In the passage just before the one from Isaiah we just heard, God, speaking through Isaiah, tells us that His divine thoughts are not like our human thoughts, and His ways are not like our ways. Heaven, imagined as God’s abode, is high above earth. Just like that, God’s purpose and actions, His “ways” are higher than ours. That means they are so much better that they redefine the meaning of the word “better.” And if you want an example, consider that the Son of God emptied Himself of His glory to take on human nature—yours and mine—and not only to show us Himself as the best version of humanness, but to die in our stead so that we could be raised to divine status. As Pope Benedict taught, God loved us to His own detriment, subjecting His all-holy divinity to buffeting, spitting and unjust murder. That was all to our good, so that in Him, and with Him, we could rise and ascend to the highest state, union with the Trinity forever.
As King David said in today’s psalm, “when the righteous cry for help, the LORD hears and delivers them out of all their troubles.” When we are broken-hearted, He can heal us with the mercy from His Sacred Heart.
Thus, when the disciples asked the Lord Jesus how they should pray, He taught them the prayer we know as the “Lord’s prayer” or the “Our Father.” This prayer is a crucial component of the forgiveness given by God for our sins. Our biggest fear as unredeemed humans is the fear of death, and Jesus wants to relieve all of us of that fear. Being incorporated into His mystical Body through faith and the sacraments makes that happen, because Jesus’s death and resurrection and ascension is ours. There’s a catch, however, and that’s easy to read but not so easy to live. We must forgive anyone who has offended us: “if you forgive men their trespasses, your heavenly Father also will forgive you; but if you do not forgive men their trespasses, neither will your Father forgive your trespasses.”
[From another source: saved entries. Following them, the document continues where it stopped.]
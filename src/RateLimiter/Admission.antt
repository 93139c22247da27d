-- ===== src/RateLimiter/Admission.antt =====
-- hermes_agent_a2a/rate_limiter.py: the bound that the token bucket promises, over any trace of calls.
use hermes_agent_a2a.Prelude.{
  ℕ, ◌+◌, ◌-◌, ◌*◌, ◌≤◌, ◌<◌, String, ◌≡◌, ◌∙◌, refl, ap, Bool, true, false, none, some, List, [],
  ◌∷◌, arith, eq_iff, ◌==◌, if◌then◌else◌, Bool-cases, inl, inr, length,
}
use hermes_agent_a2a.Dict.{Dict, get}
use hermes_agent_a2a.Dict.Laws.{get-put}
use hermes_agent_a2a.Int.{pos, pos_part, neg_part, minus, minus_parts}
use hermes_agent_a2a.RateLimiter.{
  RateLimitConfig, Bucket, RateLimiter, token, max_tokens, refill_rate, spend, allow,
}
use hermes_agent_a2a.RateLimiter.Tokens.{
  draw, paid, draw_time, draw_nonneg, draw_covered, minus_nonneg,
}
use hermes_agent_a2a.RateLimiter.Calls.{
  IsActive, allow_active, make_room_with_space, first_bucket, spend_new, spend_known, spend_others,
  spend_grows,
}

-- A call: who makes it, and when.
abbrev pub Call : Type 0
Call = String × ℕ

abbrev pub counted : String → String → Bool → ℕ
counted client k ok = if k == client then (if ok then 1 else 0) else 0

-- How many calls of `client` a trace of calls lets through; a call that raises changes nothing.
unfoldable pub admitted : RateLimitConfig → ℕ → String → List Call → RateLimiter → ℕ
admitted c cost client [] l = 0
admitted c cost client ((k, now) ∷ calls) l = elim (allow c now k cost l) [
  | none ↦ admitted c cost client calls l
  | some (l', ok, wait) ↦ counted client k ok + admitted c cost client calls l'
]

-- The clock does not run backwards along the trace.
abbrev pub Ordered : ℕ → List Call → Type 0
Ordered t [] = Unit {0}
Ordered t ((k, now) ∷ calls) = (t ≤ now) × Ordered now calls

abbrev pub last_time : ℕ → List Call → ℕ
last_time t [] = t
last_time t ((k, now) ∷ calls) = last_time now calls

last_time_le : (t : ℕ) (calls : List Call) → Ordered t calls → t ≤ last_time t calls
last_time_le t [] o = omega arith
last_time_le t ((k, now) ∷ calls) o = omega (arith, o.0, last_time_le now calls o.1)

split_gap : (a b e r : ℕ) → a ≤ b → b ≤ e → (b - a) * r + (e - b) * r ≡ (e - a) * r
split_gap a b e r h h' =
    let m : (b - a) + (e - b) ≡ e - a = omega arith in omega (arith, ap (λ (x : ℕ). x * r) m)

admitted_step :
    (c : RateLimitConfig) (cost : ℕ) (client k : String) (now : ℕ) (calls : List Call)
    (l : RateLimiter)
    → IsActive c
    → length l.buckets < c.max_entries
    → admitted c cost client ((k, now) ∷ calls) l
      ≡ counted client k (spend c now k cost l l.buckets).1
        + admitted c cost client calls (spend c now k cost l l.buckets).0
unfolding admitted
admitted_step c cost client k now calls l a room =
    let e : allow c now k cost l ≡ some (spend c now k cost l l.buckets) =
      allow_active c now k cost l a
      ∙ ap (λ (d : Dict Bucket). some (spend c now k cost l d))
          (make_room_with_space c k l.buckets room) in
    rw (e, admitted) refl

-- One call of the client and the rest of the trace.
join_bounds :
    (ok : Bool) (rest price d b now last e r : ℕ)
    → d + paid price ok ≤ b + (now - last) * r
    → rest * price ≤ d + (e - now) * r
    → last ≤ now
    → now ≤ e
    → ((if ok then 1 else 0) + rest) * price ≤ b + (e - last) * r
join_bounds true rest price d b now last e r h ih p q = omega (arith, split_gap last now e r p q)
join_bounds false rest price d b now last e r h ih p q = omega (arith, split_gap last now e r p q)

-- The bound for a client whose bucket is there.
known_bound :
    (c : RateLimitConfig) (cost : ℕ) (client : String) (calls : List Call) (l : RateLimiter)
    (b : Bucket) (t : ℕ)
    → IsActive c
    → length l.buckets + length calls ≤ c.max_entries
    → get client l.buckets ≡ some b
    → neg_part b.tokens ≡ 0
    → b.last_refill ≤ t
    → Ordered t calls
    → admitted c cost client calls l * (cost * token c)
      ≤ pos_part b.tokens + (last_time t calls - b.last_refill) * refill_rate c
unfolding admitted
known_bound c cost client [] l b t a room there full past o = omega arith
known_bound c cost client ((k, now) ∷ calls) l b t a room there full past (step, o) =
    let l' : RateLimiter = (spend c now k cost l l.buckets).0 in
    let room' : length l'.buckets + length calls ≤ c.max_entries =
      omega (arith, spend_grows c now k cost l l.buckets) in
    rw (admitted_step c cost client k now calls l a (omega arith))
      (elim (Bool-cases (k == client)) [
        | inl same ↦
            let kc : k ≡ client = (eq_iff k client).0 same in
            let (written, answer) =
              spend_known c now k cost l l.buckets b (ap (λ j. get j l.buckets) kc ∙ there) in
            let b' : Bucket = (draw c cost now b).0 in
            let there' : get client l'.buckets ≡ some b' =
              ap (get client) written ∙ ground (arith, get-put k client b' l.buckets, same) in
            let late : b.last_refill ≤ now = omega arith in
            let time = draw_time c cost now b in
            let ih =
              known_bound c cost client calls l' b' now a room' there'
                (draw_nonneg c cost now b late full) (omega (arith, time)) o in
            rw (same, answer)
              (join_bounds (draw c cost now b).1 (admitted c cost client calls l') (cost * token c)
                (pos_part b'.tokens) (pos_part b.tokens) now b.last_refill (last_time now calls)
                (refill_rate c) (draw_covered c cost now b late full) (rw time at ih) late
                (last_time_le now calls o))
        | inr other ↦
            let there' : get client l'.buckets ≡ some b =
              spend_others c now k cost l l.buckets client (λ e. cc (other, (eq_iff k client).1 e))
              ∙ there in
            rw other (
              omega (
                arith,
                known_bound c cost client calls l' b now a room' there' full (omega arith) o,
              ))
      ])

first_nonneg :
    (m p : ℕ) → p ≤ m → (neg_part (minus (pos m) p) ≡ 0) × (pos_part (minus (pos m) p) + p ≡ m)
first_nonneg m p h =
    let n : neg_part (minus (pos m) p) ≡ 0 = minus_nonneg (pos m) p (ground (arith, h)) in
    (n, omega (arith, n, minus_parts (pos m) p))

first_bounds :
    (rest price d m now t e r : ℕ)
    → d + price ≡ m
    → rest * price ≤ d + (e - now) * r
    → t ≤ now
    → now ≤ e
    → (1 + rest) * price ≤ m + (e - t) * r
first_bounds rest price d m now t e r h ih p q = omega (arith, split_gap t now e r p q)

later_bounds :
    (rest price m now t e r : ℕ)
    → rest * price ≤ m + (e - now) * r
    → t ≤ now
    → now ≤ e
    → (0 + rest) * price ≤ m + (e - t) * r
later_bounds rest price m now t e r ih p q = omega (arith, split_gap t now e r p q)

-- From a limiter that has not seen the client, along a trace of calls of any clients, with the clock
-- not running backwards, a price of at most the capacity, and room for a bucket for each call: the
-- client is let through at most as often as the capacity and the refill of the elapsed time pay for.
pub admission_bound :
    (c : RateLimitConfig) (cost : ℕ) (client : String) (calls : List Call) (l : RateLimiter) (t : ℕ)
    → IsActive c
    → cost * token c ≤ max_tokens c
    → length l.buckets + length calls ≤ c.max_entries
    → get client l.buckets ≡ none
    → Ordered t calls
    → admitted c cost client calls l * (cost * token c)
      ≤ max_tokens c + (last_time t calls - t) * refill_rate c
unfolding admitted
admission_bound c cost client [] l t a afford room new o = omega arith
admission_bound c cost client ((k, now) ∷ calls) l t a afford room new (step, o) =
    let l' : RateLimiter = (spend c now k cost l l.buckets).0 in
    let room' : length l'.buckets + length calls ≤ c.max_entries =
      omega (arith, spend_grows c now k cost l l.buckets) in
    rw (admitted_step c cost client k now calls l a (omega arith))
      (elim (Bool-cases (k == client)) [
        | inl same ↦
            let kc : k ≡ client = (eq_iff k client).0 same in
            let (written, answer) =
              spend_new c now k cost l l.buckets (ap (λ j. get j l.buckets) kc ∙ new) in
            let b' : Bucket = first_bucket c now k cost l l.buckets in
            let there' : get client l'.buckets ≡ some b' =
              ap (get client) written ∙ ground (arith, get-put k client b' l.buckets, same) in
            let (positive, level) = first_nonneg (max_tokens c) (cost * token c) afford in
            rw (same, answer)
              (first_bounds (admitted c cost client calls l') (cost * token c) (pos_part b'.tokens)
                (max_tokens c) now t (last_time now calls) (refill_rate c) level
                (known_bound c cost client calls l' b' now a room' there' positive (omega arith) o)
                step (last_time_le now calls o))
        | inr other ↦
            let there' : get client l'.buckets ≡ none =
              spend_others c now k cost l l.buckets client (λ e. cc (other, (eq_iff k client).1 e))
              ∙ new in
            rw other (
              later_bounds (admitted c cost client calls l') (cost * token c) (max_tokens c) now t
                (last_time now calls) (refill_rate c)
                (admission_bound c cost client calls l' now a afford room' there' o) step
                (last_time_le now calls o))
      ])
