-- ===== src/RateLimiter/Oldest.antt =====
-- hermes_agent_a2a/rate_limiter.py: `_evict_oldest` takes the bucket that was refilled first.
use hermes_agent_a2a.Prelude.{
  ℕ, ◌≤◌, String, ◌≡◌, ◌∙◌, refl, ap, sym, Option, none, some, [], ◌∷◌, arith, leb, eq_iff, eq_refl,
  Bool-cases, Option-cases, inl, inr,
}
use hermes_agent_a2a.Dict.{Dict, get, IsDistinct}
use hermes_agent_a2a.RateLimiter.{Bucket, oldest_key, older_of}

-- The key with the least time: it is there, and no bucket is older.
pub record IsOldest (d : Dict Bucket) (k : String) (t : ℕ) : Type 0 where
  pub there : (b : Bucket) × (get k d ≡ some b) × (b.last_refill ≡ t)
  pub least : (j : String) (b : Bucket) → get j d ≡ some b → t ≤ b.last_refill

pub oldest_none : (d : Dict Bucket) → oldest_key d ≡ none → d ≡ []
unfolding oldest_key
oldest_none [] h = refl
oldest_none ((i, a) ∷ d) h = ground arith

single_least : (i : String) (a : Bucket) → IsOldest ((i, a) ∷ []) i a.last_refill
unfolding get
single_least i a = record {
  there = (a, ground (arith, eq_refl i), refl);
  least = λ j b h. ground arith;
}

cons_least :
    (i : String) (a : Bucket) (d : Dict Bucket) (k : String) (t : ℕ)
    → get i d ≡ none
    → IsOldest d k t
    → let (k', t') = older_of (i, a.last_refill) (some (k, t)) in IsOldest ((i, a) ∷ d) k' t'
unfolding get
cons_least i a d k t absent o = elim (Bool-cases (leb a.last_refill t)) [
  | inl e ↦ rw e (record {
    there = (a, ground (arith, eq_refl i), refl);
    least = λ j b h. ground (arith, o.least j b, e);
  })
  | inr e ↦ rw e (record {
    there = (o.there.0, ground (arith, o.there, eq_iff i k, absent), o.there.2);
    least = λ j b h. ground (arith, o.least j b, e);
  })
]

oldest_key_cons :
    (i : String) (a : Bucket) (d : Dict Bucket) (o : Option (String × ℕ))
    → oldest_key d ≡ o
    → oldest_key ((i, a) ∷ d) ≡ some (older_of (i, a.last_refill) o)
unfolding oldest_key
oldest_key_cons i a d o e = ap (λ (x : Option (String × ℕ)). some (older_of (i, a.last_refill) x)) e

moved : (d : Dict Bucket) (x y : String × ℕ) → x ≡ y → IsOldest d x.0 x.1 → IsOldest d y.0 y.1
moved d x y e o = rw (sym e) o

some-inj : {x y : String × ℕ} → some x ≡ some y → x ≡ y
some-inj h = cc

pub evicted_is_least :
    (d : Dict Bucket) (k : String) (t : ℕ)
    → oldest_key d ≡ some (k, t)
    → IsDistinct d
    → IsOldest d k t
unfolding oldest_key get IsDistinct
evicted_is_least [] k t h u = cc
evicted_is_least ((i, a) ∷ d) k t h u = elim (Option-cases (oldest_key d)) [
  | inl e ↦
      let same : (i, a.last_refill) ≡ (k, t) = some-inj (sym (oldest_key_cons i a d none e) ∙ h) in
      let alone : IsOldest ((i, a) ∷ d) i a.last_refill = rw (oldest_none d e) (single_least i a) in
      moved ((i, a) ∷ d) (i, a.last_refill) (k, t) same alone
  | inr ((k', t'), e) ↦
      let same : older_of (i, a.last_refill) (some (k', t')) ≡ (k, t) =
        some-inj (sym (oldest_key_cons i a d (some (k', t')) e) ∙ h) in
      moved ((i, a) ∷ d) (older_of (i, a.last_refill) (some (k', t'))) (k, t) same
        (cons_least i a d k' t' u.0 (evicted_is_least d k' t' e u.1))
]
Praised be God. He will always give us the grace to accomplish anything He requires. The gift of forgiveness, even of our enemies, is ours for the asking.
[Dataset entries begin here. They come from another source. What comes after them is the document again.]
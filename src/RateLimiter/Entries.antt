-- ===== src/RateLimiter/Entries.antt =====
-- hermes_agent_a2a/rate_limiter.py: the bound on the number of buckets, and which one is evicted.
use hermes_agent_a2a.Prelude.{
  ℕ, ◌≤◌, ◌<◌, String, ◌≡◌, ◌≢◌, ◌∙◌, refl, ap, sym, ◌⊎◌, Bool, true, Option, none, some, [], arith,
  leb, eq_iff, eq_refl, if◌then◌else◌, Bool-cases, Option-cases, inl, inr, length,
}
use hermes_agent_a2a.Dict.{Dict, get, put, remove, IsDistinct}
use hermes_agent_a2a.Dict.Laws.{
  get-put, get-remove, length-remove, put_absent, put_present, put-IsDistinct, remove-IsDistinct,
}
use hermes_agent_a2a.RateLimiter.{
  RateLimitConfig, Bucket, RateLimiter, retry_after, divides_by_zero, oldest_key, evict_oldest,
  spend, make_room, allow,
}
use hermes_agent_a2a.RateLimiter.Calls.{
  IsActive, allow_disabled, allow_active, make_room_with_space, make_room_known, first_bucket,
  spend_new, spend_writes, spend_counts, rebuilt,
}
use hermes_agent_a2a.RateLimiter.Oldest.{IsOldest, oldest_none, evicted_is_least}

-- A full dictionary loses its oldest bucket, and no other.
make_room_full :
    (c : RateLimitConfig) (client : String) (d : Dict Bucket)
    → 0 < c.max_entries
    → IsDistinct d
    → get client d ≡ none
    → c.max_entries ≤ length d
    → (k : String) × (t : ℕ) × IsOldest d k t × (make_room c client d ≡ remove k d)
unfolding make_room evict_oldest
make_room_full c client d some_room u absent full = elim (Option-cases (oldest_key d)) [
  | inl e ↦
      let empty : length d ≡ 0 = ap (λ (x : Dict Bucket). length x) (oldest_none d e) in
      absurd (omega (arith, empty, full, some_room))
  | inr ((k, t), e) ↦ (k, t, evicted_is_least d k t e u, ground (arith, e, absent, full))
]

-- The number of buckets is within the configuration's, and no client has two.
pub record IsBounded (c : RateLimitConfig) (d : Dict Bucket) : Type 0 where
  pub distinct : IsDistinct d
  pub bound : length d ≤ c.max_entries

make_room_leaves :
    (c : RateLimitConfig) (client : String) (d : Dict Bucket) (b : Bucket)
    → 0 < c.max_entries
    → IsBounded c d
    → IsBounded c (put client b (make_room c client d))
make_room_leaves c client d b some_room w = elim (Option-cases (get client d)) [
  | inl absent ↦ elim (Bool-cases (leb c.max_entries (length d))) [
    | inl full ↦
        let full' : c.max_entries ≤ length d = ground (arith, full) in
        let (k, t, o, e) = make_room_full c client d some_room w.distinct absent full' in
        let gone : get client (remove k d) ≡ none = ground (arith, get-remove k client d, absent) in
        rw e (record {
          distinct = put-IsDistinct client b (remove k d) (remove-IsDistinct k d w.distinct);
          bound = omega (
            arith,
            put_absent client b (remove k d) gone,
            length-remove k d o.there.0 w.distinct o.there.1,
            w.bound,
          );
        })
    | inr room ↦
        let room' : length d < c.max_entries = ground (arith, room) in
        rw (make_room_with_space c client d room') (record {
          distinct = put-IsDistinct client b d w.distinct;
          bound = omega (arith, put_absent client b d absent, room');
        })
  ]
  | inr (b', there) ↦ rw (make_room_known c client d b' there) (record {
    distinct = put-IsDistinct client b d w.distinct;
    bound = omega (arith, put_present client b b' d there, w.bound);
  })
]

abbrev buckets_after : Option (RateLimiter × Bool × ℕ) → Dict Bucket
buckets_after none = []
buckets_after (some (l, ok, wait)) = l.buckets

raised : (x : RateLimiter × Bool × ℕ) → none ≡ some x → (b : Bool) → b ≡ true
raised x h b = cc

-- A call that returns leaves the buckets alone, or writes the client's after making room.
allow-buckets :
    (c : RateLimitConfig) (now : ℕ) (client : String) (cost : ℕ) (l l' : RateLimiter) (ok : Bool)
    (wait : ℕ)
    → allow c now client cost l ≡ some (l', ok, wait)
    → (l.buckets ≡ l'.buckets)
      ⊎ ((b : Bucket) × (put client b (make_room c client l.buckets) ≡ l'.buckets))
unfolding allow
allow-buckets c now client cost l l' ok wait e = elim (Bool-cases c.enabled) [
  | inr off ↦ inl (ap buckets_after (sym (allow_disabled c now client cost l off) ∙ e))
  | inl on ↦ elim (Bool-cases (divides_by_zero c)) [
    | inl raises ↦ let nothing : allow c now client cost l ≡ none = rw (on, raises) refl in inl cc
    | inr fine ↦
        let (b, written) = spend_writes c now client cost l (make_room c client l.buckets) in
        let returned : allow c now client cost l
            ≡ some (spend c now client cost l (make_room c client l.buckets)) =
          rw (on, fine) refl in
        inr (b, sym written ∙ ap buckets_after (sym returned ∙ e))
  ]
]

-- With room for at least one bucket, every call that returns keeps the number of buckets within the
-- configured bound, and no client ever has two.
pub allow-IsBounded :
    (c : RateLimitConfig) (now : ℕ) (client : String) (cost : ℕ) (l l' : RateLimiter) (ok : Bool)
    (wait : ℕ)
    → 0 < c.max_entries
    → IsBounded c l.buckets
    → allow c now client cost l ≡ some (l', ok, wait)
    → IsBounded c l'.buckets
allow-IsBounded c now client cost l l' ok wait some_room w e =
    elim (allow-buckets c now client cost l l' ok wait e) [
      | inl same ↦ rw (sym same) w
      | inr (b, written) ↦ rw (sym written) (make_room_leaves c client l.buckets b some_room w)
    ]

-- A client that is new to a full limiter is let through, and of the others exactly one loses its
-- bucket: one that was refilled no later than any. The limiter is on and has room for some bucket.
pub full_evicts_least :
    (c : RateLimitConfig) (now : ℕ) (client : String) (cost : ℕ) (l : RateLimiter)
    → IsActive c
    → 0 < c.max_entries
    → IsDistinct l.buckets
    → get client l.buckets ≡ none
    → c.max_entries ≤ length l.buckets
    → (l' : RateLimiter) × (k : String) × (t : ℕ) × (allow c now client cost l ≡ some (l', true, 0))
      × IsOldest l.buckets k t
      × (get k l'.buckets ≡ none)
      × ((j : String) → j ≢ k → j ≢ client → get j l'.buckets ≡ get j l.buckets)
full_evicts_least c now client cost l a some_room u absent full =
    let (k, t, o, e) = make_room_full c client l.buckets some_room u absent full in
    let gone : get client (make_room c client l.buckets) ≡ none =
      rw e (ground (arith, get-remove k client l.buckets, absent)) in
    let (written, answer) = spend_new c now client cost l (make_room c client l.buckets) gone in
    let (_, _, waits) = spend_counts c now client cost l (make_room c client l.buckets) in
    let after : RateLimiter = (spend c now client cost l (make_room c client l.buckets)).0 in
    let left : after.buckets
        ≡ put client (first_bucket c now client cost l (make_room c client l.buckets))
            (remove k l.buckets) =
      written ∙ ap (λ (d : Dict Bucket). put client (first_bucket c now client cost l d) d) e in
    let fb : Bucket = first_bucket c now client cost l (make_room c client l.buckets) in
    let other : client ≢ k = λ h. cc (h, absent, o.there.1) in
    let passes : allow c now client cost l ≡ some (after, true, 0) =
      allow_active c now client cost l a
      ∙ rebuilt (spend c now client cost l (make_room c client l.buckets)) answer
          (waits ∙ ap (λ (ok : Bool). if ok then 0 else retry_after c) answer) in
    (
      after,
      k,
      t,
      passes,
      o,
      ap (get k) left
          ∙ ground (
            arith,
            get-put client k fb (remove k l.buckets),
            get-remove k k l.buckets,
            eq_refl k,
            eq_iff client k,
            other,
          ),
      λ j nk nc.
          ap (get j) left
          ∙ ground (
            arith,
            get-put client j fb (remove k l.buckets),
            get-remove k j l.buckets,
            eq_iff client j,
            eq_iff k j,
            nk,
            nc,
          ),
    )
Let me suggest an approach: take a forgiveness tour in your mind, and as far as possible, to the faces of those who have hurt you in some way. Start off with the easiest person, maybe somebody who hurt you just a little. Day by day, whittle that list until you get to the ones who have really injured you, maybe even physically, but certainly in your heart. Ask Christ for the grace to do it, and make the list disappear.
One last thing to remember. You recall every hurt; that is a function of your sensitivity. The injuring party very likely won’t remember doing anything to you. So if all you can do is mentally imagine them before you, go ahead and say quietly, “I forgive you.” That can only do good for your soul and then thank God for the grace you received.